While he never attempted to conceal the poverty and hardship of these days, and would speak humorously of the “pretty pinching times” he saw, he never regarded his life at this time as mean or pitiable. Frequently he talked to his friends in later days of his boyhood, and always with apparent pleasure. “Mr. Lincoln told this story” (of his youth), says Leonard Swett, “as the story of a happy childhood. There was nothing sad or pinched, and nothing of want, and no allusion to want in any part of it. His own description of his youth was that of a joyous, happy boyhood. It was told with mirth and glee, and illustrated by pointed anecdote, often interrupted by his jocund laugh.”

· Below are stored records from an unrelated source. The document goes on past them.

-- ===== src/Plan/Scheduler/Trigger.antt =====
-- Edge triggers, terminal states and condition expressions
-- (internal/usecase/agentosplan/scheduler.go, `evaluate` to `nodeTerminal`; trace.go,
-- `ConditionEvaluationTrace`; the interfaces of contract.go).
use go_agent.Prelude.{
  String, is_empty, Bool, true, false, Option, none, some, Result, ok, err, errorf, ◌>>=◌,
  err_invalid_expression, if◌then◌else◌, [],
}
use go_agent.Prelude.Dict.{Dict}
use go_agent.Control.{Value, EdgeTrigger, PlanJoinStrategy, NodeLifecycle}

abbrev pub Vars : Type 0
Vars = Dict String Value

-- The interfaces `ExpressionCompiler` and `Expression`, whose implementation evaluates CEL: `none`
-- is a nil interface, and a compiled expression is its evaluation.
abbrev pub ExpressionCompiler : Type 0
ExpressionCompiler = Option (String → Result (Vars → Result Bool))

pub record ConditionEvaluationTrace : Type 0 where
  pub scope : String
  pub node_id : String
  pub edge_id : String
  pub from : String
  pub to : String
  pub expression : String
  pub result : Bool
  pub on : EdgeTrigger
  pub parent_state : NodeLifecycle

unfoldable pub evaluate : ExpressionCompiler → String → Vars → Result Bool
evaluate compiler expression vars = if is_empty expression then ok true else elim compiler [
  | none ↦ err (errorf err_invalid_expression "expression compiler is required" [])
  | some compile ↦ compile expression >>= λ run. run vars
]

unfoldable pub edge_trigger : EdgeTrigger → EdgeTrigger
edge_trigger EdgeTrigger.unset = EdgeTrigger.on_success
edge_trigger trigger = trigger

unfoldable pub edge_on_complete_satisfied : NodeLifecycle → Bool
edge_on_complete_satisfied NodeLifecycle.succeeded = true
edge_on_complete_satisfied NodeLifecycle.failed = true
edge_on_complete_satisfied NodeLifecycle.skipped = true
edge_on_complete_satisfied NodeLifecycle.canceled = true
edge_on_complete_satisfied _ = false

unfoldable pub edge_on_always_satisfied : NodeLifecycle → Bool
edge_on_always_satisfied NodeLifecycle.pending = false
edge_on_always_satisfied NodeLifecycle.ready = false
edge_on_always_satisfied NodeLifecycle.running = false
edge_on_always_satisfied _ = true

abbrev pub is_succeeded : NodeLifecycle → Bool
is_succeeded NodeLifecycle.succeeded = true
is_succeeded _ = false

abbrev pub is_failed : NodeLifecycle → Bool
is_failed NodeLifecycle.failed = true
is_failed _ = false

unfoldable pub edge_satisfied : EdgeTrigger → NodeLifecycle → Bool
unfolding edge_on_complete_satisfied edge_on_always_satisfied
edge_satisfied EdgeTrigger.on_success lifecycle = is_succeeded lifecycle
edge_satisfied EdgeTrigger.on_error lifecycle = is_failed lifecycle
edge_satisfied EdgeTrigger.on_complete lifecycle = edge_on_complete_satisfied lifecycle
edge_satisfied EdgeTrigger.on_always lifecycle = edge_on_always_satisfied lifecycle
edge_satisfied _ lifecycle = false

unfoldable pub normalize_join : PlanJoinStrategy → PlanJoinStrategy
normalize_join PlanJoinStrategy.unset = PlanJoinStrategy.join_all
normalize_join join = join

unfoldable pub node_terminal : NodeLifecycle → Bool
node_terminal NodeLifecycle.succeeded = true
node_terminal NodeLifecycle.failed = true
node_terminal NodeLifecycle.skipped = true
node_terminal NodeLifecycle.canceled = true
node_terminal _ = false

And he was right. There was nothing ignoble or mean in this Indiana pioneer life. It was rude, but with only the rudeness which the ambitious are willing to endure in order to push on to a better condition than they otherwise could know. These people did not accept their hardships apathetically. They did not regard them as permanent. They were only the temporary deprivations necessary in order to accomplish what they had home into the country to do. For this reason they endured hopefully all that was hard. It is worth notice, too, that there was nothing belittling in their life; there was no pauperism, no shirking. Each family provided for its own simple wants, and had the conscious dignity which comes from being equal to a situation. If their lives lacked culture and refinement, they were rich in independence and self-reliance.
LINCOLN IN 1859.
From a photograph in the collection of H. W. Fay, De Kalb, Illinois. The original was made by S. M. Fassett of Chicago; the negative was destroyed in the Chicago fire. This picture was made at the solicitation of D. B. Cook, who says that Mrs. Lincoln pronounced it the best likeness she had ever seen of her husband. Rajon used the Fassett picture as the original of his etching, and Kruell has made a fine engraving of it.